The 5-carbonylmethyluridine (cm⁵U) was methylated by human TRM9L and ALKBH8 to generate 5-methoxycarbonylmethyluridine (mcm⁵U) at U34 of tRNA. According to the report, the level of ALKBH8 expressed in BC is high, and ALKBH8 knockout promotes apoptosis by decreasing the protein expression of anti-apoptotic factors[116]. Another study reported that human TRM9L encodes a negative regulator of tumor growth that is often suppressed in a variety of cancers, including testicular, cervical, colorectal, bladder, breast, lung, and ovarian cancer[117]. In colon cancer, phosphorylated TRM9L links oxidative stress and cell cycle control and proliferation by interacting with 14-3-3 proteins, revealing TRM9L is a crucial downstream effector of the ERK molecular axis[117]. In ovarian cancer, TRM9L regulates the expression of LIN9 to activate pRB and p53 signaling pathways and thus inhibits the proliferation of ovarian cancer cells[118]. ELP3 and CTU1/2, which are tRNA modifying enzymes acting at position 34, are essential for the invasiveness and metastases of breast cancer and linked the tRNA-dependent translation of an ITAF to the IRES-dependent translation of a key oncogenic protein[119]. In addition, U₃₄ tRNA modification is associated with drug resistance in melanoma.

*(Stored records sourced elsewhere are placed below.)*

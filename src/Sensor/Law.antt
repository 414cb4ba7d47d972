-- ===== src/Sensor/Law.antt =====
-- What the operations of a sensor (sensor.py, sel.py, common.py) leave alone: the lists and maps of
-- the sensors, the number of objects, the history of commands, and a property of the objects that
-- the setters keep.
use mathlib.Core.Path.{subst}
use idic.Prelude.{
  ℕ, ◌≡◌, refl, List, arith, ap, ◌∙◌, if◌then◌else◌, length, length-set, get_elem?, inl, inr, some,
  none, true, false, Bool, Option, sym, get_elem?-set_cases, ◌∷◌, [],
}
use idic.Prelude.Int.{ℤ}
use idic.Text.{Text}
use idic.Model.{
  World, Sensor, Mode, FaultLevel, Sel, number, text, Exec, ◌>>=◌, raise, store, put_message,
  notify, attribute_error, object, continue, or_raise, attribute, pure,
}
use idic.Model.Outcomes.{Preserves, Preserves-attribute, Preserves-bind, Preserves-pure}
use idic.Common.{log_error, send_ipmi_sim_command}
use idic.Sensor.Attributes.{
  EventKind, na, threshold, discrete, kind_of, mem_kind, get_event_type, with_type, set_mode,
  set_fault_level, set_raw_value,
}
use idic.Sensor.Discrete.{is_discrete_text}

-- The kind that `get_event_type` gives.
pub record HasKind (s : Sensor) (k : EventKind) : Type 0 where
  pub number : ℕ
  pub has : s.event_type ≡ some number
  pub is : kind_of number ≡ k

mem_kind-eq : (j k : EventKind) → mem_kind j (k ∷ []) ≡ true → j ≡ k
mem_kind-eq na na h = refl
mem_kind-eq na threshold h = cc
mem_kind-eq na discrete h = cc
mem_kind-eq threshold na h = cc
mem_kind-eq threshold threshold h = refl
mem_kind-eq threshold discrete h = cc
mem_kind-eq discrete na h = cc
mem_kind-eq discrete threshold h = cc
mem_kind-eq discrete discrete h = refl

-- A property of the objects that the methods of a sensor keep: the mode, the fault level and the
-- event record may change, and the value changes to one of the sensor's kind.
pub record Law : Type 1 where
  pub Holds : ℕ → Sensor → Type 0
  pub mode : (a : ℕ) (s : Sensor) (m : Mode) → Holds a s → Holds a (set_mode m s)
  pub level : (a : ℕ) (s : Sensor) (l : FaultLevel) → Holds a s → Holds a (set_fault_level l s)
  pub sel : (a : ℕ) (s : Sensor) (x : Sel) → Holds a s → Holds a (record s { sel = x })
  pub reading :
      (a : ℕ) (s : Sensor) (x : ℤ)
      → HasKind s threshold
      → Holds a s
      → Holds a (set_raw_value (number x) s)
  pub register :
      (a : ℕ) (s : Sensor) (t : Text)
      → HasKind s discrete
      → is_discrete_text t ≡ true
      → Holds a s
      → Holds a (set_raw_value (text t) s)

-- Every object has the property.
abbrev pub Lawful : Law → World → Type 0
Lawful p w = (a : ℕ) (s : Sensor) → get_elem? w.heap a ≡ some s → p.Holds a s

abbrev pub no_law : Law
no_law = record {
  Holds = λ a s. Unit;
  mode = λ a s m h. h;
  level = λ a s l h. h;
  sel = λ a s x h. h;
  reading = λ a s x k h. h;
  register = λ a s t k d h. h;
}

pub record IsFramed (p : Law) (v w : World) : Type 0 where
  pub objects : length w.heap ≡ length v.heap
  pub lawful : Lawful p w
  pub sensor_list : w.sensor_list ≡ v.sensor_list
  pub sensor_name_list : w.sensor_name_list ≡ v.sensor_name_list
  pub sensor_id_list : w.sensor_id_list ≡ v.sensor_id_list
  pub sensor_name_map : w.sensor_name_map ≡ v.sensor_name_map
  pub sensor_id_map : w.sensor_id_map ≡ v.sensor_id_map
  pub command_history : w.command_history ≡ v.command_history

module _ (p : Law) (v : World) where
  abbrev pub Framed : {A : Type 0} → Exec A → Type 0
  Framed m = Preserves (IsFramed p v) m

  pub Framed-store : (a : ℕ) (s : Sensor) → p.Holds a s → Framed (store a s)
  Framed-store a s new = record {
    at = λ w h. record {
      lawful = λ b t e. elim (get_elem?-set_cases w.heap a b s e) [
        | inl (same, stored) ↦ subst (λ c. p.Holds c t) same (subst (p.Holds a) (sym stored) new)
        | inr old ↦ h.lawful b t old
      ];
      objects = length-set w.heap a s ∙ h.objects;
      sensor_list = h.sensor_list;
      sensor_name_list = h.sensor_name_list;
      sensor_id_list = h.sensor_id_list;
      sensor_name_map = h.sensor_name_map;
      sensor_id_map = h.sensor_id_map;
      command_history = h.command_history;
    };
  }

  -- The queue, the log and the counters are not in the frame.
  pub framed :
      {w u : World}
      → u.heap ≡ w.heap
      → u.sensor_list ≡ w.sensor_list
      → u.sensor_name_list ≡ w.sensor_name_list
      → u.sensor_id_list ≡ w.sensor_id_list
      → u.sensor_name_map ≡ w.sensor_name_map
      → u.sensor_id_map ≡ w.sensor_id_map
      → u.command_history ≡ w.command_history
      → IsFramed p v w
      → IsFramed p v u
  framed h1 h2 h3 h4 h5 h6 h7 h = record {
    objects = ap length h1 ∙ h.objects;
    lawful = λ a s e. h.lawful a s (ap (λ (l : List Sensor). get_elem? l a) (sym h1) ∙ e);
    sensor_list = h2 ∙ h.sensor_list;
    sensor_name_list = h3 ∙ h.sensor_name_list;
    sensor_id_list = h4 ∙ h.sensor_id_list;
    sensor_name_map = h5 ∙ h.sensor_name_map;
    sensor_id_map = h6 ∙ h.sensor_id_map;
    command_history = h7 ∙ h.command_history;
  }

  pub Framed-put_message : (t : Text) → Framed (put_message t)
  Framed-put_message t = record { at = λ w. framed refl refl refl refl refl refl refl }

  pub Framed-notify : (a : ℕ) → Framed (notify a)
  Framed-notify a = record { at = λ w. framed refl refl refl refl refl refl refl }

  pub Framed-log_error : (t : Text) → Framed (log_error t)
  Framed-log_error t = record { at = λ w. framed refl refl refl refl refl refl refl }

  pub Framed-send : (t : Text) → Framed (send_ipmi_sim_command t)
  unfolding send_ipmi_sim_command
  Framed-send t = record {
    at = λ w.
        framed (ground arith) (ground arith) (ground arith) (ground arith) (ground arith)
          (ground arith) (ground arith);
  }

  pub Framed-kind :
      {A : Type 0} (k : EventKind) (m n o : Exec A)
      → Framed m
      → Framed n
      → Framed o
      → Framed (elim k [ na ↦ m | threshold ↦ n | discrete ↦ o ])
  Framed-kind na m n o h i j = h
  Framed-kind threshold m n o h i j = i
  Framed-kind discrete m n o h i j = j

  pub Framed-get_event_type : (s : Sensor) → Framed (get_event_type s)
  Framed-get_event_type s = search (Preserves-bind, Preserves-attribute, Preserves-pure)

  pub Framed-by_kind :
      {A : Type 0} (s : Sensor) (f : EventKind → Exec A)
      → ((k : EventKind) → Framed (f k))
      → Framed (get_event_type s >>= f)
  Framed-by_kind s f h =
      Preserves-bind (IsFramed p v) (get_event_type s) f (Framed-get_event_type s) h

  continue_object :
      {B : Type 0} (a : ℕ) (f : Sensor → Exec B) (w : World)
      → ((s : Sensor) → p.Holds a s → Framed (f s))
      → IsFramed p v w
      → (o : Option Sensor) → get_elem? w.heap a ≡ o
      → IsFramed p v (continue (or_raise attribute_error o) f w).1
  continue_object a f w k h none e = h
  continue_object a f w k h (some s) e = (k s (h.lawful a s e)).at w h

  -- An object that is read has the property.
  pub Framed-object :
      {B : Type 0} (a : ℕ) (f : Sensor → Exec B)
      → ((s : Sensor) → p.Holds a s → Framed (f s))
      → Framed (object a >>= f)
  Framed-object a f k = record { at = λ w h. continue_object a f w k h (get_elem? w.heap a) refl }

  Framed-guarded :
      {A : Type 0} (b : Bool) (fn : Exec A)
      → (b ≡ true → Framed fn)
      → Framed (if b then fn else raise attribute_error)
  Framed-guarded true fn h = h refl
  Framed-guarded false fn h = record { at = λ w i. i }

  of_kind :
      {A : Type 0} (k : EventKind) (s : Sensor) (fn : Exec A) (o : Option ℕ)
      → s.event_type ≡ o
      → (HasKind s k → Framed fn)
      → Framed (
          attribute o >>= (λ n. pure (kind_of n)) >>= λ j.
          if mem_kind j (k ∷ []) then fn else raise attribute_error)
  of_kind k s fn none e h = record { at = λ w i. i }
  of_kind k s fn (some n) e h = record {
    at =
        (Framed-guarded (mem_kind (kind_of n) (k ∷ [])) fn
          (λ listed. h (record { number = n; has = e; is = mem_kind-eq (kind_of n) k listed }))).at;
  }

  -- What the decorator lets through has the kind.
  pub Framed-with_type :
      {A : Type 0} (k : EventKind) (s : Sensor) (fn : Exec A)
      → (HasKind s k → Framed fn)
      → Framed (with_type (k ∷ []) s fn)
  unfolding with_type
  Framed-with_type k s fn h = of_kind k s fn s.event_type refl h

BRAF^V600E -expressing melanoma cells rely on U₃₄ tRNA modifying enzymes for survival, and activation of tRNA modifying enzymes at position 34 promote the synthesis of HIF1α protein, resulting in enhanced glycolysis and conferring mTORC2‐dependent resistance to targeted BRAF inhibition. Thus, high levels of U₃₄ tRNA modifying enzymes and HIF1α are related to the acquired resistance to anti-BRAF therapy[120, 121].

m⁵C in cancer

Similar to m¹A, m⁵C is a powerful mechanism for regulating physiological processes in post-transcriptionally[122]. Dysregulation of m⁵C expression levels is common in various human cancers, but most current studies focus on mRNA, lncRNA or still unknown[123], while m⁵C is the most abundant in tRNA and rRNA[124]. Studies have shown that m⁵C tRNA methyltransferases are associated with drug resistance of cancer cells. Co-overexpression of NSUN2 and METTL1 can enhance the cancer cell resistance to 5-FU by stabilizing tRNA and preventing rapid tRNA degradation (RTD) pathways[92]. The study found that the tRNA methyltransferase NSUN2 in HNSCC was significantly upregulated and increased the risk of death in HNSCC patients, indicating that NSUN2 is a potential therapeutic target and prognostic marker in HNSCC[125]. In addition, the interaction between NSUN2 expression and T cell activation status affects patient survival in HNSCC, suggesting that NSUN2 is a potential immune-related marker or therapeutic target, but the molecular mechanism behind it still needs to be further explored[126]. In ovarian cancer, NSUN2/IGF-II is associated with patient survival, and the subgroup of NSUN2^highIGF-II^low has superior survival, whereas NSUN2^lowIGF-II^high has the worst[127]. Recently, Michaela Frye's group found that m⁵C and f⁵C modifications at mitochondrial tRNA^Met are required for the dynamic regulation of translation rate, and regulate the metabolic reprogramming of tumor cells, which is required for tumor invasion and metastasis from the primary site[128].

Ψ in cancer

Ψ is the most common epitranscriptomic modification. However, the biological role of Ψ that occurs on tRNA is largely unknown, especially in cancer. Studies have found PUS7 is highly expressed in GBM and predicts poor survival, moreover, PUS7 inhibitors can efficiently suppress GSC-derived tumor progression. Mechanistically, PUS7 regulates the codon-specific translational in GSCs by tRNA pseudouridylation, and regulates GSC growth via downregulating the TYK2-STAT1 pathway[129]. Currently, the inhibitor for pus7 has been identified to reduce Ψ levels of tRNA and inhibit GBM tumorigenesis and growth, providing potential therapeutic drugs for targeting PUS7 in GBM and other cancers[130].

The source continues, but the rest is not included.